Re; Sam's powers. It seems that they are going to be pursuing this. It makes me a bit ticked as they gave up on Dean's PTSD pretty quickly -- a storyline that could have been very compelling - but phft and it's done. He's over it. I just don't have the same patience or sympathy for Sam's addiction.
I think that Dean has always been more grey than he would care to admit. He's always had that core of compassion -- I think it makes him more of a hero that he sees the grey but is compelled to act according to the black and white orders of his father.
I also think we will see the brothers working together again. After Sam's comments on Dean always taking control and not listening to him, I've been really watching for that in my hiatus re-watching of everything (traditional and unavoidable). And it just isn't true on any level, in any episode. Dean always listened to Sam and almost always did what Sam wanted.
As for Anna? I love her. I love Julie too. I'm so glad she will be back, but I don't think we will see her "with" Dean. I think that as much as he is attracted to her, the comfort they found in each other was mutual that one night. I don't believe she feels that need anymore. I believe she care about Dean -- don't get me wrong. I also think that Dean may make his usual comments, but I don't think he would go there with an angel... For all his bluster, and disgust for the "bad" angels (that seems like such an oxymoron! Is it possible to love this show more?), he still has a reverence for those he sees as God's soldiers. But ANNA! I love that she is kick ass and snarky and I so, so hope that show can keep writing her well -- my only complaint about show is their utter inability to write female characters -- Ellen and Meg being the only other exceptions.
Bobby! How do I love Jim Beaver??? Such a wonderful, sweet, self-deprecating, talented, intelligent, funny man... I have had the honor of "meeting" him at a convention (and have the pic to prove it...). His take on the relationship between Bobby and the boys might surprise you a little. He doesn't really see that he has more of or a special bond with Dean -- he sees it as being more equal for both boys -- interesting... I don't know if they will kill off Bobby. I think your theory is sound, but I would hate to see them lose him. Both the boys and the show....
In my mind, Dean will kill Lucifer - a la Michael. No other outcome is acceptable to me either. Dean is my hero too. Obsessively so. And part of me is very afraid they will screw this up -- but they got it soooo right in his killing of the YED... and Kripke has NOT let me down yet. (though I still want a little more explanation for what made Dean break in hell -- cuz it wasn't just "I can't take anymore...")
The Butch and Sundance image for the ending was actually first voiced by Jensen several seasons ago.... I think this is an image that may come all the way from Kripke originally.... I like the idea for the same reasons you do. In point of fact, in "history", according to "legend", Sundance ends up back in the states...
Season 6. Yes. I want more -- but only if Kripke stays on. Even having him as a "consultant" isn't enough for me. He is the glue, he is the story teller that has brought this epic story to us and I'd hate to see some lame attempt to imitate it. So yes with Kripke and NO without him....
Ok. I know I've just bored the crap out of you, but there it is. My brains on a plate....
And I'm a spoiler-whore. Can't help myself. But I CAN keep my mouth shut.
gaelicspirit
Jun. 18th, 2009 05:46 pm (UTC)
I think it makes him more of a hero that he sees the grey but is compelled to act according to the black and white orders of his father.

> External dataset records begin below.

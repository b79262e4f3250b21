-- ===== src/Timing/Race.antt =====
-- How the async code of src/connection.rs and src/client_session.rs bounds a wait: `select` of a
-- future and a delay. A future is a run of I/O calls, and where the delay fires shows in how many
-- of them complete before it. So the race is a run of the same code on a device that completes that
-- many calls: with none left the future is pending when the delay fires, and it is dropped there.
use modbus_bridge_rs.Base.{
  ℕ, zero, suc, ◌≤◌, ◌≡◌, ◌≢◌, refl, sym, List, ◌∷◌, ◌++◌, Option, none, some, arith, All, IsByte,
  length, take,
}
use mathlib.Core.List.{append-nil}
use modbus_bridge_rs.Base.Outcome.{Outcome, done, fail, stalled, Exec}
use modbus_bridge_rs.Base.Ensures.{Ensures}
use modbus_bridge_rs.Event.{BridgeError, timeout}
use modbus_bridge_rs.Base.{map}
use modbus_bridge_rs.Io.Order.{Move, sends, receives, IsLogged}
use modbus_bridge_rs.Io.{Io, IsIo, Traffic, bytes_of, count_of}

-- The async delay: how many I/O calls complete before it fires, and the provider afterwards.
-- Any function may stand for it, so every interleaving of the two is covered.
pub record AsyncDelay (D : Type 0) : Type 0 where
  pub delay_ms : ℕ → D → ℕ × D

module _ {S E A : Type 0} where
  -- A call on a device with `n` calls left.
  abbrev pub budgeted : Exec S E A → Exec (S × ℕ) E A
  budgeted m (s, zero) = (stalled, (s, 0))
  budgeted m (s, suc n) = ((m s).0, ((m s).1, n))

module _ {S E : Type 0} where
  abbrev pub deadlined : Io S E → Io (S × ℕ) E
  deadlined io = record {
    read = λ n. budgeted (io.read n);
    write = λ bytes. budgeted (io.write bytes);
    flush = budgeted io.flush;
  }

module _ {E SE TE A : Type 0} where
  -- `Either::Left` with the error mapped, or `Either::Right`, which is `Timeout`.
  abbrev pub raced : (E → BridgeError SE TE) → Outcome E A → Outcome (BridgeError SE TE) A
  raced f (done a) = done a
  raced f (fail e) = fail (f e)
  raced f stalled = fail timeout

  module _ {S T : Type 0} where
    pub Ensures-raced :
        (f : E → BridgeError SE TE) (D : A → S → Type 0) (B : Option E → S → Type 0)
        (D' : A → T → Type 0) (B' : Option (BridgeError SE TE) → T → Type 0) (r : Outcome E A)
        (s : S) (t : T)
        → Ensures D B r s
        → ((a : A) → D a s → D' a t)
        → ((e : Option E) (e' : Option (BridgeError SE TE)) → B e s → B' e' t)
        → Ensures D' B' (raced f r) t
    Ensures-raced f D B D' B' (done a) s t p d b = d a p
    Ensures-raced f D B D' B' (fail e) s t p d b = b (some e) (some (f e)) p
    Ensures-raced f D B D' B' stalled s t p d b = b none (some timeout) p

abbrev pub on_device : {S : Type 0} → Traffic S → Traffic (S × ℕ)
on_device t = record { sent = λ sn. t.sent sn.0; received = λ sn. t.received sn.0 }

module _ {S E : Type 0} {io : Io S E} {t : Traffic S} (lawful : IsIo io t) where
  read_length : (n : ℕ) (sn : S × ℕ) → length (bytes_of ((deadlined io).read n sn).0) ≤ n
  read_length n (s, zero) = omega arith
  read_length n (s, suc k) = lawful.read_length n s

  read_IsByte : (n : ℕ) (sn : S × ℕ) → All IsByte (bytes_of ((deadlined io).read n sn).0)
  read_IsByte n (s, zero) = tt
  read_IsByte n (s, suc k) = lawful.read_IsByte n s

  read_received :
      (n : ℕ) (sn : S × ℕ)
      → t.received ((deadlined io).read n sn).1.0
        ≡ t.received sn.0 ++ bytes_of ((deadlined io).read n sn).0
  read_received n (s, zero) = sym (append-nil (t.received s))
  read_received n (s, suc k) = lawful.read_received n s

  read_sent : (n : ℕ) (sn : S × ℕ) → t.sent ((deadlined io).read n sn).1.0 ≡ t.sent sn.0
  read_sent n (s, zero) = refl
  read_sent n (s, suc k) = lawful.read_sent n s

  write_count :
      (bytes : List ℕ) (sn : S × ℕ) → count_of ((deadlined io).write bytes sn).0 ≤ length bytes
  write_count bytes (s, zero) = omega arith
  write_count bytes (s, suc k) = lawful.write_count bytes s

  write_progress :
      (b : ℕ) (bytes : List ℕ) (sn : S × ℕ) → ((deadlined io).write (b ∷ bytes) sn).0 ≢ done 0
  write_progress b bytes (s, zero) = λ e. cc
  write_progress b bytes (s, suc k) = lawful.write_progress b bytes s

  write_sent :
      (bytes : List ℕ) (sn : S × ℕ)
      → t.sent ((deadlined io).write bytes sn).1.0
        ≡ t.sent sn.0 ++ take (count_of ((deadlined io).write bytes sn).0) bytes
  write_sent bytes (s, zero) = sym (append-nil (t.sent s))
  write_sent bytes (s, suc k) = lawful.write_sent bytes s

  write_received :
      (bytes : List ℕ) (sn : S × ℕ)
      → t.received ((deadlined io).write bytes sn).1.0 ≡ t.received sn.0
  write_received bytes (s, zero) = refl
  write_received bytes (s, suc k) = lawful.write_received bytes s

  flush_sent : (sn : S × ℕ) → t.sent ((deadlined io).flush sn).1.0 ≡ t.sent sn.0
  flush_sent (s, zero) = refl
  flush_sent (s, suc k) = lawful.flush_sent s

  flush_received : (sn : S × ℕ) → t.received ((deadlined io).flush sn).1.0 ≡ t.received sn.0
  flush_received (s, zero) = refl
  flush_received (s, suc k) = lawful.flush_received s

  -- A device with a deadline keeps the contract of the device.
  pub deadlined-IsIo : IsIo (deadlined io) (on_device t)
  deadlined-IsIo = record {
    read_length = read_length;
    read_IsByte = read_IsByte;
    read_received = read_received;
    read_sent = read_sent;
    write_count = write_count;
    write_progress = write_progress;
    write_sent = write_sent;
    write_received = write_received;
    flush_sent = flush_sent;
    flush_received = flush_received;
  }

module _ {S E : Type 0} {io : Io S E} {log : S → List Move} (logged : IsLogged io log) where
  read_log :
      (n : ℕ) (sn : S × ℕ)
      → log ((deadlined io).read n sn).1.0
        ≡ log sn.0 ++ map receives (bytes_of ((deadlined io).read n sn).0)
  read_log n (s, zero) = sym (append-nil (log s))
  read_log n (s, suc k) = logged.read_log n s

  write_log :
      (bytes : List ℕ) (sn : S × ℕ)
      → log ((deadlined io).write bytes sn).1.0
        ≡ log sn.0 ++ map sends (take (count_of ((deadlined io).write bytes sn).0) bytes)
  write_log bytes (s, zero) = sym (append-nil (log s))
  write_log bytes (s, suc k) = logged.write_log bytes s

  flush_log : (sn : S × ℕ) → log ((deadlined io).flush sn).1.0 ≡ log sn.0
  flush_log (s, zero) = refl
  flush_log (s, suc k) = logged.flush_log s

  -- A device with a deadline logs what the device does.
  pub deadlined-IsLogged : IsLogged (deadlined io) (λ sn. log sn.0)
  deadlined-IsLogged = record { read_log = read_log; write_log = write_log; flush_log = flush_log }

This is so true and so well put! I love looking at it this way. Thanks for that. :)

And it just isn't true on any level, in any episode. Dean always listened to Sam and almost always did what Sam wanted.

I like that you said this. I need to think on it more, but I can totally see the truth in this.

I agree on the PTSD, too. I mean, perhaps I can see where Dean pushed it down because things became more pressing for him to pay attention to, like Sam's blood addiction and angels pushing their way into his life at every turn. But I have a hard time believing that it just... went away.

As sick as this sounds, it would be nice if he still had to deal with some of that now that he's got Sam "back"... you know what I mean?

That's SO great that you got to meet Jim! *grin* I would hate to see them lose him, too. That's another place where I hope I'm wrong.

I didn't realize the B&S comment originated with Jensen. That's really interesting since Jared has seemed to kinda pick up the torch with that. Makes it seem like a dual wish. :)

And yeah, I think Sera Gamble is made of awesome and someone like her would probably write some fantastic MotW shows, but without Eric at the helm, it would be severely lacking. This is one show that I so do not want to see ruined by popularity.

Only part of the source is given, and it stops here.